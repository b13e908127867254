-- ===== src/Client/Route/Agree.antt =====
-- The route table that a client makes of the answer to `/members` against the ring of the cluster.
use percas.Base.{
  ℕ, List, [], ◌∷◌, map, subst, ◌≡◌, inl, inr, refl, sym, ap, ◌∙◌, Member, here, there,
  Option-cases,
}
use percas.Ord.{nat_ord}
use percas.Text.{Url}
use percas.Bytes.{AsRef, Mur3}
use percas.BTreeMap.{BTreeMap, BTreeSet, get, insert as set_entry}
use percas.BTreeMap.Values.{
  map_values, get-map_values, insert-map_values, Member-insert, Member_of_get,
}
use percas.Ring.{
  HashRing, insert_at, hash_node, list_vnodes, range, add_vnodes, add_node, add_nodes,
}
use percas.Member.{MemberState}
use percas.Gossip.{GossipState}
use percas.Server.{listed, Member as ListedMember}
use percas.Client.{Member as ClientMember, insert_vnodes, insert_members}
use percas.Client.Route.{RouteTable, insert}

abbrev pub unit : Url → Unit {0}
unit url = tt

-- The nodes of a table, without their URLs: the buckets of a ring.
unfoldable pub nodes_of : RouteTable → BTreeMap ℕ (BTreeSet ℕ)
nodes_of t = map_values (map_values unit) t.ring

insert-nodes_of :
    (t : RouteTable) (h id : ℕ) (url : Url)
    → nodes_of (insert t h id url) ≡ insert_at (nodes_of t) h id
unfolding nodes_of insert insert_at map_values
insert-nodes_of t h id url = elim (Option-cases (get t.ring h)) [
  | inl e ↦
      rw
        (
          e,
          insert,
          insert-map_values (map_values unit) t.ring h (set_entry [] id url),
          insert-map_values unit [] id url,
          get-map_values (map_values unit) t.ring h,
          e,
        )
        refl
  | inr (b, e) ↦
      rw
        (
          e,
          insert,
          insert-map_values (map_values unit) t.ring h (set_entry b id url),
          insert-map_values unit b id url,
          get-map_values (map_values unit) t.ring h,
          e,
        )
        refl
]

module _ ⦃a : AsRef ℕ⦄ ⦃mur : Mur3⦄ where
  vnodes-nodes_of :
      (t : RouteTable) (id : ℕ) (url : Url) (is : List ℕ)
      → nodes_of (insert_vnodes t id url (map (hash_node id) is)) ≡ add_vnodes id is (nodes_of t)
  unfolding insert_vnodes add_vnodes
  vnodes-nodes_of t id url [] = refl
  vnodes-nodes_of t id url (i ∷ is) =
      vnodes-nodes_of (insert t (hash_node id i) id url) id url is
      ∙ ap (add_vnodes id is) (insert-nodes_of t (hash_node id i) id url)

  -- What the JSON of a member is to the client, which ignores the fields that it does not know.
  unfoldable pub decoded : ListedMember → ClientMember
  decoded member = record {
    node_id = member.node_id;
    advertise_data_url = member.advertise_data_url;
    advertise_ctrl_url = member.advertise_ctrl_url;
    incarnation = member.incarnation;
    vnodes = member.vnodes;
  }

  pub members-nodes_of :
      (g : GossipState) (r : HashRing ℕ) (t : RouteTable) (ms : List MemberState)
      → r.vnodes ≡ g.ring.vnodes
      → nodes_of t ≡ r.nodes
      → nodes_of (insert_members t (map decoded (map (listed g) ms)))
        ≡ (add_nodes r (map (λ (m : MemberState). m.info.node_id) ms)).nodes
  unfolding insert_members add_nodes add_node list_vnodes decoded listed
  members-nodes_of g r t [] e f = f
  members-nodes_of g r t (x ∷ ms) e f =
      members-nodes_of g (add_node r x.info.node_id)
        (insert_vnodes t x.info.node_id x.info.advertise_data_url
          (list_vnodes g.ring x.info.node_id))
        ms e
        (vnodes-nodes_of t x.info.node_id x.info.advertise_data_url (range 0 g.ring.vnodes)
          ∙ rw (e, f) refl)

-- Every entry of a table has the property `P` of a node and its URL.
unfoldable pub Entries : RouteTable → (ℕ → Url → Type 0) → Type 0
Entries t P =
    (h : ℕ) (b : BTreeMap ℕ Url) (id : ℕ) (url : Url)
    → Member (h, b) t.ring
    → Member (id, url) b
    → P id url

insert-Entries :
    (P : ℕ → Url → Type 0) (t : RouteTable) (hash node_id : ℕ) (url : Url)
    → P node_id url
    → Entries t P
    → Entries (insert t hash node_id url) P
unfolding Entries insert
insert-Entries P t hash node_id url p all = elim (Option-cases (get t.ring hash)) [
  | inl e ↦ rw (e, insert) (put [] (λ id u w. elim w [ ]))
  | inr (old, e) ↦
      rw (e, insert) (put old (λ id u w. all hash old id u (Member_of_get t.ring hash old e) w))
]
  where
    put :
        (old : BTreeMap ℕ Url)
        → ((id : ℕ) (u : Url) → Member (id, u) old → P id u)
        → (h : ℕ) (b : BTreeMap ℕ Url) (id : ℕ) (u : Url)
        → Member (h, b) (set_entry t.ring hash (set_entry old node_id url))
        → Member (id, u) b
        → P id u
    put old known h b id u i j =
        elim (Member-insert t.ring hash (set_entry old node_id url) (h, b) i) [
          | inr before ↦ all h b id u before j
          | inl fresh ↦
              elim (Member-insert old node_id url (id, u)
                (subst (λ x. Member (id, u) x) (ap (λ x. x.1) fresh) j)) [
                  | inr before ↦ known id u before
                  | inl same ↦ subst (λ (x : ℕ × Url). P x.0 x.1) (sym same) p
                ]
        ]

vnodes-Entries :
    (P : ℕ → Url → Type 0) (t : RouteTable) (id : ℕ) (url : Url) (vnodes : List ℕ)
    → P id url
    → Entries t P
    → Entries (insert_vnodes t id url vnodes) P
unfolding insert_vnodes
vnodes-Entries P t id url [] p all = all
vnodes-Entries P t id url (v ∷ rest) p all =
    vnodes-Entries P (insert t v id url) id url rest p (insert-Entries P t v id url p all)

pub members-Entries :
    (P : ℕ → Url → Type 0) (t : RouteTable) (ms : List ClientMember)
    → ((m : ClientMember) → Member m ms → P m.node_id m.advertise_data_url)
    → Entries t P
    → Entries (insert_members t ms) P
unfolding insert_members
members-Entries P t [] p all = all
members-Entries P t (x ∷ rest) p all =
    members-Entries P (insert_vnodes t x.node_id x.advertise_data_url x.vnodes) rest
      (λ m w. p m (there w))
      (vnodes-Entries P t x.node_id x.advertise_data_url x.vnodes (p x (here refl)) all)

**What you will do**
Using the listing above, retype each line exactly.

**Exercise output**
repository b13e908127867254
-- ===== src/Client/Route/Agree.antt =====
-- The route table that a client makes of the answer to `/members` against the ring of the cluster.
use percas.Base.{
  ℕ, List, [], ◌∷◌, map, subst, ◌≡◌, inl, inr, refl, sym, ap, ◌∙◌, Member, here, there,
  Option-cases,
}
use percas.Ord.{nat_ord}
use percas.Text.{Url}
use percas.Bytes.{AsRef, Mur3}
use percas.BTreeMap.{BTreeMap, BTreeSet, get, insert as set_entry}
use percas.BTreeMap.Values.{
  map_values, get-map_values, insert-map_values, Member-insert, Member_of_get,
}
use percas.Ring.{
  HashRing, insert_at, hash_node, list_vnodes, range, add_vnodes, add_node, add_nodes,
}
use percas.Member.{MemberState}
use percas.Gossip.{GossipState}
use percas.Server.{listed, Member as ListedMember}
use percas.Client.{Member as ClientMember, insert_vnodes, insert_members}
use percas.Client.Route.{RouteTable, insert}

abbrev pub unit : Url → Unit {0}
unit url = tt

-- The nodes of a table, without their URLs: the buckets of a ring.
unfoldable pub nodes_of : RouteTable → BTreeMap ℕ (BTreeSet ℕ)
nodes_of t = map_values (map_values unit) t.ring

insert-nodes_of :
    (t : RouteTable) (h id : ℕ) (url : Url)
    → nodes_of (insert t h id url) ≡ insert_at (nodes_of t) h id
unfolding nodes_of insert insert_at map_values
insert-nodes_of t h id url = elim (Option-cases (get t.ring h)) [
  | inl e ↦
      rw
        (
          e,
          insert,
          insert-map_values (map_values unit) t.ring h (set_entry [] id url),
          insert-map_values unit [] id url,
          get-map_values (map_values unit) t.ring h,
          e,
        )
        refl
  | inr (b, e) ↦
      rw
        (
          e,
          insert,
          insert-map_values (map_values unit) t.ring h (set_entry b id url),
          insert-map_values unit b id url,
          get-map_values (map_values unit) t.ring h,
          e,
        )
        refl
]

module _ ⦃a : AsRef ℕ⦄ ⦃mur : Mur3⦄ where
  vnodes-nodes_of :
      (t : RouteTable) (id : ℕ) (url : Url) (is : List ℕ)
      → nodes_of (insert_vnodes t id url (map (hash_node id) is)) ≡ add_vnodes id is (nodes_of t)
  unfolding insert_vnodes add_vnodes
  vnodes-nodes_of t id url [] = refl
  vnodes-nodes_of t id url (i ∷ is) =
      vnodes-nodes_of (insert t (hash_node id i) id url) id url is
      ∙ ap (add_vnodes id is) (insert-nodes_of t (hash_node id i) id url)

  -- What the JSON of a member is to the client, which ignores the fields that it does not know.
  unfoldable pub decoded : ListedMember → ClientMember
  decoded member = record {
    node_id = member.node_id;
    advertise_data_url = member.advertise_data_url;
    advertise_ctrl_url = member.advertise_ctrl_url;
    incarnation = member.incarnation;
    vnodes = member.vnodes;
  }

  pub members-nodes_of :
      (g : GossipState) (r : HashRing ℕ) (t : RouteTable) (ms : List MemberState)
      → r.vnodes ≡ g.ring.vnodes
      → nodes_of t ≡ r.nodes
      → nodes_of (insert_members t (map decoded (map (listed g) ms)))
        ≡ (add_nodes r (map (λ (m : MemberState). m.info.node_id) ms)).nodes
  unfolding insert_members add_nodes add_node list_vnodes decoded listed
  members-nodes_of g r t [] e f = f
  members-nodes_of g r t (x ∷ ms) e f =
      members-nodes_of g (add_node r x.info.node_id)
        (insert_vnodes t x.info.node_id x.info.advertise_data_url
          (list_vnodes g.ring x.info.node_id))
        ms e
        (vnodes-nodes_of t x.info.node_id x.info.advertise_data_url (range 0 g.ring.vnodes)
          ∙ rw (e, f) refl)

-- Every entry of a table has the property `P` of a node and its URL.
unfoldable pub Entries : RouteTable → (ℕ → Url → Type 0) → Type 0
Entries t P =
    (h : ℕ) (b : BTreeMap ℕ Url) (id : ℕ) (url : Url)
    → Member (h, b) t.ring
    → Member (id, url) b
    → P id url

insert-Entries :
    (P : ℕ → Url → Type 0) (t : RouteTable) (hash node_id : ℕ) (url : Url)
    → P node_id url
    → Entries t P
    → Entries (insert t hash node_id url) P
unfolding Entries insert
insert-Entries P t hash node_id url p all = elim (Option-cases (get t.ring hash)) [
  | inl e ↦ rw (e, insert) (put [] (λ id u w. elim w [ ]))
  | inr (old, e) ↦
      rw (e, insert) (put old (λ id u w. all hash old id u (Member_of_get t.ring hash old e) w))
]
  where
    put :
        (old : BTreeMap ℕ Url)
        → ((id : ℕ) (u : Url) → Member (id, u) old → P id u)
        → (h : ℕ) (b : BTreeMap ℕ Url) (id : ℕ) (u : Url)
        → Member (h, b) (set_entry t.ring hash (set_entry old node_id url))
        → Member (id, u) b
        → P id u
    put old known h b id u i j =
        elim (Member-insert t.ring hash (set_entry old node_id url) (h, b) i) [
          | inr before ↦ all h b id u before j
          | inl fresh ↦
              elim (Member-insert old node_id url (id, u)
                (subst (λ x. Member (id, u) x) (ap (λ x. x.1) fresh) j)) [
                  | inr before ↦ known id u before
                  | inl same ↦ subst (λ (x : ℕ × Url). P x.0 x.1) (sym same) p
                ]
        ]

vnodes-Entries :
    (P : ℕ → Url → Type 0) (t : RouteTable) (id : ℕ) (url : Url) (vnodes : List ℕ)
    → P id url
    → Entries t P
    → Entries (insert_vnodes t id url vnodes) P
unfolding insert_vnodes
vnodes-Entries P t id url [] p all = all
vnodes-Entries P t id url (v ∷ rest) p all =
    vnodes-Entries P (insert t v id url) id url rest p (insert-Entries P t v id url p all)

pub members-Entries :
    (P : ℕ → Url → Type 0) (t : RouteTable) (ms : List ClientMember)
    → ((m : ClientMember) → Member m ms → P m.node_id m.advertise_data_url)
    → Entries t P
    → Entries (insert_members t ms) P
unfolding insert_members
members-Entries P t [] p all = all
members-Entries P t (x ∷ rest) p all =
    members-Entries P (insert_vnodes t x.node_id x.advertise_data_url x.vnodes) rest
      (λ m w. p m (there w))
      (vnodes-Entries P t x.node_id x.advertise_data_url x.vnodes (p x (here refl)) all)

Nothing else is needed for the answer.